** Listed records **
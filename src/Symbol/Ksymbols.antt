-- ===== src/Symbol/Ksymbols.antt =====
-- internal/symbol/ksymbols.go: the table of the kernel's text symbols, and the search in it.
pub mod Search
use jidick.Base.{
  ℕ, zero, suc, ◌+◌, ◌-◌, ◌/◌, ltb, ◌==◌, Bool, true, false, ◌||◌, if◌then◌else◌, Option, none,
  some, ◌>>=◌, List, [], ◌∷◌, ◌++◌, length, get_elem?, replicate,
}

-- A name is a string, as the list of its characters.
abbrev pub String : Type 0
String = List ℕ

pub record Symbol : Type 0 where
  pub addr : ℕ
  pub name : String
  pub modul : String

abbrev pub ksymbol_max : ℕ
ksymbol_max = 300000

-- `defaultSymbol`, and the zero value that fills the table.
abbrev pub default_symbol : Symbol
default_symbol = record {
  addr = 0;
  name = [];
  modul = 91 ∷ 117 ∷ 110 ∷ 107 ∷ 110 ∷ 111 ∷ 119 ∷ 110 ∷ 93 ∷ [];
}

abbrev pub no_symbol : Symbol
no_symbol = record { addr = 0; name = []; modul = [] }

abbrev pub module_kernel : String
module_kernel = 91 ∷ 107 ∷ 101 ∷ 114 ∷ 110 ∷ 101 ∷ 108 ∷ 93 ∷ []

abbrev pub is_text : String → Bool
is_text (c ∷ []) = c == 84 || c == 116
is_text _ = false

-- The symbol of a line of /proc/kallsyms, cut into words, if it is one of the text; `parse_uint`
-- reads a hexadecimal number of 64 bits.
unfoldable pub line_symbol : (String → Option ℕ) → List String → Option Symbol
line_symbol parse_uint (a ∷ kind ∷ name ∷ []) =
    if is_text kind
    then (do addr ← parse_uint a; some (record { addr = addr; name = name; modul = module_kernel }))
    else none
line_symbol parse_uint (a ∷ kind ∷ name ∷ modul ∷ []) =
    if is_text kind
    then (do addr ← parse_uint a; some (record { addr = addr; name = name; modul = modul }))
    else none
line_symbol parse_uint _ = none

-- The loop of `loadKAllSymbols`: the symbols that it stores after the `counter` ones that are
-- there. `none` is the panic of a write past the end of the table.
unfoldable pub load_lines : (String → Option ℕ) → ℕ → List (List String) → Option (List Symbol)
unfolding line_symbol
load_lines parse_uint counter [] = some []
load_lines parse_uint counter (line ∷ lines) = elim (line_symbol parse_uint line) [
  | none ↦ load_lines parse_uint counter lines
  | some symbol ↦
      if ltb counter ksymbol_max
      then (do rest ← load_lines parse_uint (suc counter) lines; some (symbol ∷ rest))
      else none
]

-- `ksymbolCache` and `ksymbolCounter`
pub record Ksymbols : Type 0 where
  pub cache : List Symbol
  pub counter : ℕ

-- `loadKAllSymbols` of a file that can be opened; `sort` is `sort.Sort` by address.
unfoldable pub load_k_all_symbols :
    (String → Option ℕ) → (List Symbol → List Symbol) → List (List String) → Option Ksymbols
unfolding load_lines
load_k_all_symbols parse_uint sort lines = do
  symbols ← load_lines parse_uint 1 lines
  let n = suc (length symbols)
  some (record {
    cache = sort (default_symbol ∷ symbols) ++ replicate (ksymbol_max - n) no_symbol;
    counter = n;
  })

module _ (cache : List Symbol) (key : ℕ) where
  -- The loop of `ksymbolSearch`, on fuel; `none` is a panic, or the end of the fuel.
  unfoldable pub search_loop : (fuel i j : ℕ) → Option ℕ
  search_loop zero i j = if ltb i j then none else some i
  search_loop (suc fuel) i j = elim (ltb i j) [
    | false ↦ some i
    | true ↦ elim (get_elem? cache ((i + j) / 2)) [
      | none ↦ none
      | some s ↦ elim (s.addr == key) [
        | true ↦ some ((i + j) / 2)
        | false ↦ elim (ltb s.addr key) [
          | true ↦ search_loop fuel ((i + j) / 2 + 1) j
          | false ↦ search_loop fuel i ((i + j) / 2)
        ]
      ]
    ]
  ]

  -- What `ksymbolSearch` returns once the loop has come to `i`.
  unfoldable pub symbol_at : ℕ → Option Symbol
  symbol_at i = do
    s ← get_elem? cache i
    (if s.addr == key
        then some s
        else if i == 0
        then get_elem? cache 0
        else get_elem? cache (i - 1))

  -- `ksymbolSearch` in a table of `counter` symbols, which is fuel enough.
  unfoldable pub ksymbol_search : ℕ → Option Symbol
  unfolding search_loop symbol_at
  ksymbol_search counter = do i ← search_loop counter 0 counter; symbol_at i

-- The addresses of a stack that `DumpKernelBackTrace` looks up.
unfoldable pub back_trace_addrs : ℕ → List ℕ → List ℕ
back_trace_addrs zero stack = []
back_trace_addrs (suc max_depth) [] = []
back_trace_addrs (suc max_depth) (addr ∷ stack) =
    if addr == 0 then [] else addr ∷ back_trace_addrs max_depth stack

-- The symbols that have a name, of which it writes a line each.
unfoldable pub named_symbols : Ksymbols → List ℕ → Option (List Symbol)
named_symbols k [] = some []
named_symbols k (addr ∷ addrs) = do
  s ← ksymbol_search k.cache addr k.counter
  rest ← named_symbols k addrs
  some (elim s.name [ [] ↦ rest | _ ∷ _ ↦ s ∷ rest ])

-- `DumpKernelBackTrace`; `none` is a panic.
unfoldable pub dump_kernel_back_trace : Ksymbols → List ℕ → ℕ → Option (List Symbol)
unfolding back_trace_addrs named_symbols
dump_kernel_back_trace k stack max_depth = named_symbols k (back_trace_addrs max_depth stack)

** What needs to be done **
Line count for the string "unfolding": say how many lines in the listing contain it, and add nothing.

** Solution to this problem **
4